Welcome to WebmasterWorld Guest from 126.96.36.199
Forum Moderators: open
As Air mentioned [webmasterworld.com], the current state of cloaking is quite complex. I think it is worth a recap to see where cloaking is at today. Although this is a new article, it is somewhat of an update to an older thread we started last spring.
Cloaking usage is exploding on the web right now. There are many different types of cloaking and a diverse set of purposes for usage. The mass majority of the top 1000 sites (98%?) are cloaking in one form or another. You'd be hard pressed to find a top site that isn't cloaking today (including this one).
Forms of Cloaking
There are four or five related forms of cloaking. All rely on serving customized content and formats based on each unique user. They vary according to what criteria they use to generate customized content for any users.
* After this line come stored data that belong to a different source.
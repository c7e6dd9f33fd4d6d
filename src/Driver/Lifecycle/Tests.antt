-- ===== src/Driver/Lifecycle/Tests.antt =====
-- A driver that is configured and activated.
use soem_driver_ros.Base.{ℕ, refl, true, false, none, some, lookup, assign, text_eq}
use soem_driver_ros.Driver.Configure.{SoemDriver, on_configure}
use soem_driver_ros.Driver.Configure.Tests.{accepts, driver, scan, mapping}
use soem_driver_ros.Driver.Lifecycle.{
  Plant, on_activate, inactive, active, configured, activated, Reach, start, later,
}
use soem_driver_ros.Driver.Lifecycle.Reachable.{Safe, Reach-Safe}

abbrev loaded : Plant ℕ
loaded = record { driver = driver; cyclic_master = false }

abbrev configured_driver : SoemDriver ℕ
configured_driver = elim (on_configure accepts scan mapping driver) [ none ↦ driver | some r ↦ r.1 ]

abbrev ready : Plant ℕ
ready = record loaded { driver = configured_driver }

ready-Reach : Reach accepts loaded inactive ready
unfolding on_configure lookup assign text_eq
ready-Reach = later start (configured scan mapping refl)

abbrev running : Plant ℕ
running = (on_activate true ready).1

running-Reach : Reach accepts loaded active running
unfolding on_activate
running-Reach = later ready-Reach (activated true refl)

Reach-Safe_example : Safe active running
Reach-Safe_example = Reach-Safe accepts loaded refl (tt, tt) active running running-Reach
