-- ===== src/Clients/Screen/Page.antt =====
-- web/src/features/clients: ClientsPage.tsx and ClientsTable.tsx as they are drawn, and what the handlers do. The table
-- library (@tanstack/react-table) is a parameter; that it also goes back to the first page when the rows
-- change is left out. `number`, `relative` and `date` are the formats of lib/format.ts.
pub mod Laws
use ahmed_sila.Base.{
  ℕ, ◌==◌, Bool, true, false, not, Option, none, some, List, [], ◌∷◌, ◌++◌, map, length,
  if◌then◌else◌,
}
use ahmed_sila.Base.Int.{ℤ}
use ahmed_sila.Text.{Text, txt}
use ahmed_sila.Text.Decimal.{show}
use ahmed_sila.Markup.{
  Choice, Gesture, gives, Node, heading, span, link, button, field, Markup, join, repeated,
  filter_chip, segmented_control, empty_state, client_status_dot, metrics,
}
use ahmed_sila.Markup
use ahmed_sila.Tickets.Screen.{Query}
use ahmed_sila.Clients.Types.{Client, ClientFilter}
use ahmed_sila.Clients.Queries.{count_by_status}
use ahmed_sila.Clients.Screen.{
  State, page_sizes, filter_of, set_filter, set_query, set_page_size, show_all, rows_of,
  range_label, clients_of, View, error_state, skeleton, no_clients, no_matches, table, view,
}
use ahmed_sila.Clients.Table.{
  subtitle, metric_cells, chips, Cell, linked, status_dot, plain, divider, actions, build_columns,
}

-- What the page asks of the table: the rows of a page, `getCanPreviousPage`, `getCanNextPage`, and the
-- number of the page after `previousPage` and `nextPage`.
pub record Paging : Type 0 where
  pub page_rows : (page_index page_size : ℕ) → List Client → List Client
  pub can_previous : (page_index page_size : ℕ) → List Client → Bool
  pub can_next : (page_index page_size : ℕ) → List Client → Bool
  pub previous_index : ℕ → ℕ
  pub next_index : ℕ → ℕ

-- The page's state with the density of the rows.
pub record PageState : Type 0 where
  pub list : State
  pub cozy : Bool

-- What the page starts with, at the `status` parameter of its address.
abbrev pub start : Option Text → PageState
start param = record {
  list = record { status_param = param; query = []; page_index = 0; page_size = 25 };
  cozy = false;
}

-- What the handlers of the page do; `create_client` goes to the form of a new client.
pub data Event : Type 0 where
  search_for : Text → Event
  filter_by : ClientFilter → Event
  choose_density : (cozy : Bool) → Event
  choose_size : ℕ → Event
  show_everyone create_client previous_page next_page refetch : Event

abbrev pub segment : Text → Bool → Event → Choice Event
segment label selected e = record { label = label; selected = selected; on_choose = e }

abbrev pub density_segments : Bool → List (Choice Event)
density_segments cozy =
    segment (txt "Компактно") (not cozy) (choose_density false)
    ∷ segment (txt "Комфортно") cozy (choose_density true)
    ∷ []

abbrev pub size_segment : (page_size : ℕ) → ℕ → Choice Event
size_segment page_size n = segment (show n) (n == page_size) (choose_size n)

abbrev pub chip : ClientFilter × Text × ℕ × Bool → Markup Event
chip (f, label, count, selected) = filter_chip label (some count) none selected (filter_by f)

abbrev pub below_name : Option Text → Markup Event
below_name none = []
below_name (some t) = span t ∷ []

abbrev pub cell_nodes : Cell → Markup Event
cell_nodes (linked (path, name, below)) = link path name ∷ below_name below
cell_nodes (status_dot s) = client_status_dot s
cell_nodes (plain t) = span t ∷ []
cell_nodes divider = span [] ∷ []
cell_nodes (actions card suspension label) = link card (txt "Открыть") ∷ link suspension label ∷ []

-- `ClientsTableSkeleton`: a row of it
abbrev pub skeleton_row : Markup Event
skeleton_row =
    Markup.skeleton
    ∷ Markup.skeleton
    ∷ span []
    ∷ Markup.skeleton
    ∷ Markup.skeleton
    ∷ Markup.skeleton
    ∷ span []
    ∷ []

module _ (paging : Paging) where
  -- `getRowModel().rows`
  unfoldable pub page_of : State → List Client → List Client
  page_of st rows = paging.page_rows st.page_index st.page_size rows

  unfoldable pub act : Event → PageState → PageState
  act (search_for t) st = record st { list = set_query t st.list }
  act (filter_by f) st = record st { list = set_filter f st.list }
  act (choose_density cozy) st = record st { cozy = cozy }
  act (choose_size n) st = record st { list = set_page_size n st.list }
  act show_everyone st = record st { list = show_all st.list }
  act create_client st = st
  act previous_page st = record st {
    list = record st.list { page_index = paging.previous_index st.list.page_index };
  }
  act next_page st = record st {
    list = record st.list { page_index = paging.next_index st.list.page_index };
  }
  act refetch st = st

  abbrev pub answer : Option Event → PageState → PageState
  answer none st = st
  answer (some e) st = act e st

module _ (number : ℕ → Text) (relative date : Text → Text) (lower : Text → Text)
    (paging : Paging) where
  abbrev pub header_nodes : Bool → Markup Event
  header_nodes cozy =
      map (λ (c : Text × (Client → Cell)). span c.0) (build_columns number relative date cozy)

  abbrev pub row_nodes : Bool → Client → Markup Event
  row_nodes cozy c = join (
      map (λ (k : Text × (Client → Cell)). cell_nodes (k.1 c))
        (build_columns number relative date cozy))

  -- `ClientsTable`
  unfoldable pub clients_table : PageState → List Client → Markup Event
  unfolding page_of
  clients_table st rows =
      header_nodes st.cozy ++ join (map (row_nodes st.cozy) (page_of paging st.list rows))

  abbrev pub body : PageState → View → Markup Event
  body st error_state = Markup.error_state refetch
  body st skeleton = repeated 8 skeleton_row
  body st no_clients =
      clients_table st []
      ++ empty_state (txt "Пока нет клиентов")
          (txt "Добавьте первого клиента, чтобы начать работу.") (txt "Создать клиента")
          create_client
  body st (no_matches name) =
      clients_table st []
      ++ empty_state name (txt "Измените фильтр или уточните запрос.") (txt "Показать всех")
          show_everyone
  body st (table rows) = clients_table st rows

  -- The line under the table.
  abbrev pub footer : State → List Client → Markup Event
  footer st rows =
      span (txt "Строк на странице")
        ∷ segmented_control (map (size_segment st.page_size) page_sizes)
      ++ (span (range_label st (length rows))
          ∷ button (txt "Назад") (not (paging.can_previous st.page_index st.page_size rows))
              previous_page
          ∷ button (txt "Вперёд") (not (paging.can_next st.page_index st.page_size rows)) next_page
          ∷ [])

  abbrev pub no_delta : Text × ℕ → Text × ℕ × Option ℤ
  no_delta (label, value) = (label, value, none)

  -- The field of the search stands in the top bar of the frame.
  abbrev pub top : PageState → Query (List Client) → Markup Event
  top st q =
      let cs = clients_of q.data_found in
      field st.list.query search_for
      ∷ heading (txt "Клиенты")
      ∷ span (subtitle q.is_pending cs)
      ∷ link (txt "/clients/new") (txt "+ Клиент")
      ∷ metrics number q.is_pending (map no_delta (metric_cells (count_by_status cs)))

  abbrev pub chips_row : ClientFilter → List Client → Markup Event
  chips_row f cs = join (map chip (chips (count_by_status cs) f))

  abbrev pub density_row : Bool → Markup Event
  density_row cozy = span (txt "Плотность") ∷ segmented_control (density_segments cozy)

  unfoldable pub page : PageState → Query (List Client) → Markup Event
  unfolding view rows_of
  page st q =
      let cs = clients_of q.data_found in
      top st q
      ++ (chips_row (filter_of st.list) cs
          ++ (density_row st.cozy
              ++ (body st (view lower st.list q.data_found q.is_pending q.is_error)
                  ++ footer st.list (rows_of lower st.list cs))))

  -- A visit, with what the query gives: after each gesture the page is drawn anew.
  unfoldable pub visit : Query (List Client) → List Gesture → PageState → PageState
  unfolding act page
  visit q [] st = st
  visit q (g ∷ gs) st = visit q gs (answer paging (gives g (page st q)) st)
As you know, any site can identify several things about a user when they visit. Those range from, ISP (ip address), Agent (browser), Referring url, to the more esoteric http headers such as http accept headers which can identify even more about the agent used.
Agent: sites detect what browser is being used and custom deliver pages for the browser. Agent cloaking is used by most major sites including all the top search engines.
IP Address: sites detect what ip address (ISP) a user is using to custom feed a page. IP delivery can be done for several reasons:
- language targeting. ex: Users from Spain a page in Spanish.
- broad band targeting. ex: @home users a page optimized for high bandwidth cable connections.
- geo advertisement targeting. ex: Giving users in England an ad for the local London pub.
- content targeting. ex: A news site leading with it's California news for California users, while Texas based users get news for Texans.
Referral Targeting: sites deliver custom content based on referring string. ex: Overriding a linking sites frames (ex: targeting Ask Jeeves referrals for frame overriding), giving specific content. ex: giving the CNN referral a page with links to more news stories, while giving the Yahoo referral a page with links to general topics.
Content Protection: a site generates a page for one user and not for another. ex: Giving Altavista one version of a page while giving users another.
The last form of cloaking is what I call Wild Card Cloaking. It covers a broad range of cloaking styles and purposes that are combinations of the above. examples:
- Altavista's Trusted Feed program and Inktomi's Index Connect are examples of search engine cloaking programs.
- Custom content news feeds, where sites deliver news spiders headlines instead of raw content.
- RSS headline feeds are often cloaked for specific sites and agents.
There is an entire subculture of diverse wild card cloaking that is exploding in usage right now.
In this forum, we tend to focus only on cloaking for the sake of search engine optimization. As you can see from the above, the scope of cloaking is exploding right now in it's many forms. SEO cloaking is just one small part of a much larger picture.
>>Content Protection: a site generates a page for one user and not for another. ex: Giving Altavista one version of a page while giving users another.
I think a variation of content protection we will begin to see much more of is Evil Bot Control.
The number of worthless bots crawling the web chewing up bandwidth has grown dramatically. It has now become much easier to track and monitor the bots you do want crawling your site than it is to track and ban the ones you don't.
Ip delivery allows you to easily let the good bots in while at the same time preventing the bad bots from crawling by serving them a completely blank page with no links to crawl.
It also allows you to force the good bots to honor the intent of the Robots Exclusion Protocal.
For example, Google has the annoying habit of making links to excluded pages available to users. All that is required is links pointing to the pages you don't want GoogleBot to index to be included on pages it has indexed. The only way to prevent this from happening is to serve Google pages that only contain links to the pages you want indexed.
I just wanted your input on an issue (to my understanding of course) on IP based cloaking systems. We already know how unreliable a user-agent based cloaking system is and for most of us, it's probably why we use an IP based one. So my question is: what happens now that IP spoofing is or will become more and more available? (since the venue of win2K, but even more with winXP)
I mean what is one suppose to do against such tactics to protect his hard work from snoopers??
Anyway, I hope I have it all wrong or else, we'll all need to put on our thinking cap and get to work!
Your help is as always really appreciated on this one.